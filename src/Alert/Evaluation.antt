-- ===== src/Alert/Evaluation.antt =====
-- The occurrence that a rule's facts make: `Evaluate` of internal/alert/alert.go.
use opensource_project_intel.Base.{
  ℕ, suc, ◌+◌, ◌<◌, ◌^◌, ◌≡◌, refl, ◌∙◌, ap, subst, true, false, ◌&&◌, ◌||◌, not, Option, none,
  some, List, [], ◌∷◌, ◌++◌, map, if-split, arith,
}
use opensource_project_intel.Base.Int.{
  ℤ, pos, nonpositive, leb_ℤ, inc64, int_eq, int_beq, int_beq_iff,
}
use opensource_project_intel.Base.Lists.{length, contains, All}
use opensource_project_intel.Base.Result.{Result, ok, ◌>>=◌}
use opensource_project_intel.Alert.{
  Error, open_state, Rule, Fact, Occurrence, sub_time, unfit, alarming, duplicates, suppress,
  opened, merge, evaluate,
}

-- One fact after the other, each on the occurrence that the one before it left.
abbrev pub evaluate_all : Rule → List Fact → Option Occurrence → Result Error (Option Occurrence)
evaluate_all rule [] o = ok o
evaluate_all rule (fact ∷ facts) o = evaluate rule fact o >>= evaluate_all rule facts

-- No identifier stands twice.
abbrev pub IsDuplicateFree : List ℤ → Type 0
IsDuplicateFree [] = Unit
IsDuplicateFree (x ∷ xs) = (contains xs x ≡ false) × IsDuplicateFree xs

-- A fact of the rule that makes an alert.
abbrev pub IsAlert : Rule → Fact → Type 0
IsAlert rule fact = (unfit rule fact ≡ false) × (alarming rule fact ≡ true)

-- Another one of the project in the deduplication window that the first one opens.
abbrev pub IsRepeat : Rule → Fact → Fact → Type 0
IsRepeat rule first fact =
    IsAlert rule fact
    × (fact.project_id ≡ first.project_id)
    × (leb_ℤ (sub_time fact.detected_at first.detected_at) rule.deduplication ≡ true)

-- The occurrence that the first fact opened, after `n` more.
pub record IsShared (rule : Rule) (first : Fact) (n : ℕ) (o : Occurrence) : Type 0 where
  pub of_rule : (o.rule_id ≡ rule.id) × (o.rule_version ≡ rule.version)
  pub of_project : o.project_id ≡ first.project_id
  pub detected : o.first_detected_at ≡ first.detected_at
  pub is_open : o.state ≡ open_state
  pub counted : (o.suppression_count ≡ pos n) × (o.revision ≡ pos (suc n))
  pub different : IsDuplicateFree o.evidence_ids

contains-snoc_id :
    (xs : List ℤ) (y x : ℤ) → contains (xs ++ y ∷ []) x ≡ (contains xs x || int_beq y x)
contains-snoc_id [] y x = ground arith
contains-snoc_id (z ∷ xs) y x = ground (arith, contains-snoc_id xs y x)

IsDuplicateFree-snoc :
    (xs : List ℤ) (y : ℤ)
    → IsDuplicateFree xs
    → contains xs y ≡ false
    → IsDuplicateFree (xs ++ y ∷ [])
IsDuplicateFree-snoc [] y d h = (refl, tt)
IsDuplicateFree-snoc (x ∷ xs) y d h = (
  ground (arith, contains-snoc_id xs y x, int_beq_iff x y, int_beq_iff y x),
  IsDuplicateFree-snoc xs y d.1 ground arith,
)

evaluate-repeat :
    (rule : Rule) (first fact : Fact) (o : Occurrence)
    → (o.rule_id ≡ rule.id) × (o.rule_version ≡ rule.version)
    → o.project_id ≡ first.project_id
    → o.first_detected_at ≡ first.detected_at
    → IsRepeat rule first fact
    → evaluate rule fact (some o) ≡ ok (some (suppress fact o))
unfolding evaluate merge duplicates
evaluate-repeat rule first fact o of_rule p d r = ground (
  arith,
  int_beq_iff o.rule_id rule.id,
  int_beq_iff o.rule_version rule.version,
  int_beq_iff o.project_id fact.project_id,
)

suppress-evidence :
    (fact : Fact) (o : Occurrence) (x : ℤ)
    → nonpositive fact.evidence_id ≡ false
    → contains (suppress fact o).evidence_ids x
      ≡ (contains o.evidence_ids x || int_beq fact.evidence_id x)
unfolding suppress
suppress-evidence fact o x p =
    ground
      (arith, contains-snoc_id o.evidence_ids fact.evidence_id x, int_beq_iff fact.evidence_id x)

suppress-IsShared :
    (rule : Rule) (first fact : Fact) (n : ℕ) (o : Occurrence)
    → n < 2 ^ 62
    → IsShared rule first n o
    → IsShared rule first (suc n) (suppress fact o)
unfolding suppress inc64
suppress-IsShared rule first fact n o b s = record {
  of_rule = s.of_rule;
  of_project = s.of_project;
  detected = s.detected;
  is_open = s.is_open;
  counted = ground (arith, s.counted.0, s.counted.1);
  different =
      if-split IsDuplicateFree
        (not (nonpositive fact.evidence_id) && not (contains o.evidence_ids fact.evidence_id))
        (λ t. IsDuplicateFree-snoc o.evidence_ids fact.evidence_id s.different ground arith)
        (λ f. s.different);
}

-- A fact that makes an alert has its evidence.
alarming-evidence :
    (rule : Rule) (fact : Fact) → alarming rule fact ≡ true → nonpositive fact.evidence_id ≡ false
unfolding alarming
alarming-evidence rule fact h = ground arith

evaluate_all-repeats :
    (rule : Rule) (first : Fact) (facts : List Fact) (n : ℕ) (o : Occurrence)
    → n + length facts < 2 ^ 62
    → IsShared rule first n o
    → All (IsRepeat rule first) facts
    → (o' : Occurrence) × (evaluate_all rule facts (some o) ≡ ok (some o'))
      × IsShared rule first (n + length facts) o'
      × ((x : ℤ)
          → contains o'.evidence_ids x
            ≡ (contains o.evidence_ids x || contains (map (λ f. f.evidence_id) facts) x))
evaluate_all-repeats rule first [] n o b s r =
    (o, refl, subst (λ k. IsShared rule first k o) omega arith s, λ x. ground arith)
evaluate_all-repeats rule first (fact ∷ facts) n o b s (r, rs) =
    let below : n < 2 ^ 62 = omega arith in
    let rest : suc n + length facts < 2 ^ 62 = omega arith in
    let total : suc n + length facts ≡ n + suc (length facts) = omega arith in
    let step = evaluate-repeat rule first fact o s.of_rule s.of_project s.detected r in
    let shared = suppress-IsShared rule first fact n o below s in
    let (o', run, last, ids) =
      evaluate_all-repeats rule first facts (suc n) (suppress fact o) rest shared rs in
    let noted = alarming-evidence rule fact r.0.1 in
    (
      o',
      ap (λ m. m >>= evaluate_all rule facts) step ∙ run,
      subst (λ k. IsShared rule first k o') total last,
      λ x. ids x ∙ ground (arith, suppress-evidence fact o x noted),
    )

evaluate-opens :
    (rule : Rule) (fact : Fact)
    → IsAlert rule fact
    → evaluate rule fact none ≡ ok (some (opened rule fact))
unfolding evaluate merge
evaluate-opens rule fact a = ground (arith, a.0, a.1)

opened-IsShared : (rule : Rule) (fact : Fact) → IsShared rule fact 0 (opened rule fact)
unfolding opened
opened-IsShared rule fact = record {
  of_rule = (refl, refl);
  of_project = refl;
  detected = refl;
  is_open = refl;
  counted = (refl, refl);
  different = (refl, tt);
}

-- A fact that makes an alert, and any number below 2^62 of others of its rule and project within the
-- deduplication window that it opens, make one open occurrence: it is detected first with the
-- first fact, it counts the others as suppressed and in its revision, and its evidence is that of
-- the facts, each once.
pub evaluate-deduplicates :
    (rule : Rule) (first : Fact) (facts : List Fact)
    → IsAlert rule first
    → All (IsRepeat rule first) facts
    → length facts < 2 ^ 62
    → (o : Occurrence) × (evaluate_all rule (first ∷ facts) none ≡ ok (some o))
      × IsShared rule first (length facts) o
      × ((x : ℤ)
          → contains o.evidence_ids x ≡ contains (map (λ f. f.evidence_id) (first ∷ facts)) x)
unfolding opened
evaluate-deduplicates rule first facts a r b =
    let below : 0 + length facts < 2 ^ 62 = omega arith in
    let count : 0 + length facts ≡ length facts = omega arith in
    let (o, run, shared, ids) =
      evaluate_all-repeats rule first facts 0 (opened rule first) below (opened-IsShared rule first)
        r in
    (
      o,
      ap (λ m. m >>= evaluate_all rule facts) (evaluate-opens rule first a) ∙ run,
      subst (λ k. IsShared rule first k o) count shared,
      λ x. ids x ∙ ground arith,
    )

------------------------------------

To do = I need every line of the data that has the word "Option"; please list them.

Finished exercise =
  ℕ, suc, ◌+◌, ◌<◌, ◌^◌, ◌≡◌, refl, ◌∙◌, ap, subst, true, false, ◌&&◌, ◌||◌, not, Option, none,
abbrev pub evaluate_all : Rule → List Fact → Option Occurrence → Result Error (Option Occurrence)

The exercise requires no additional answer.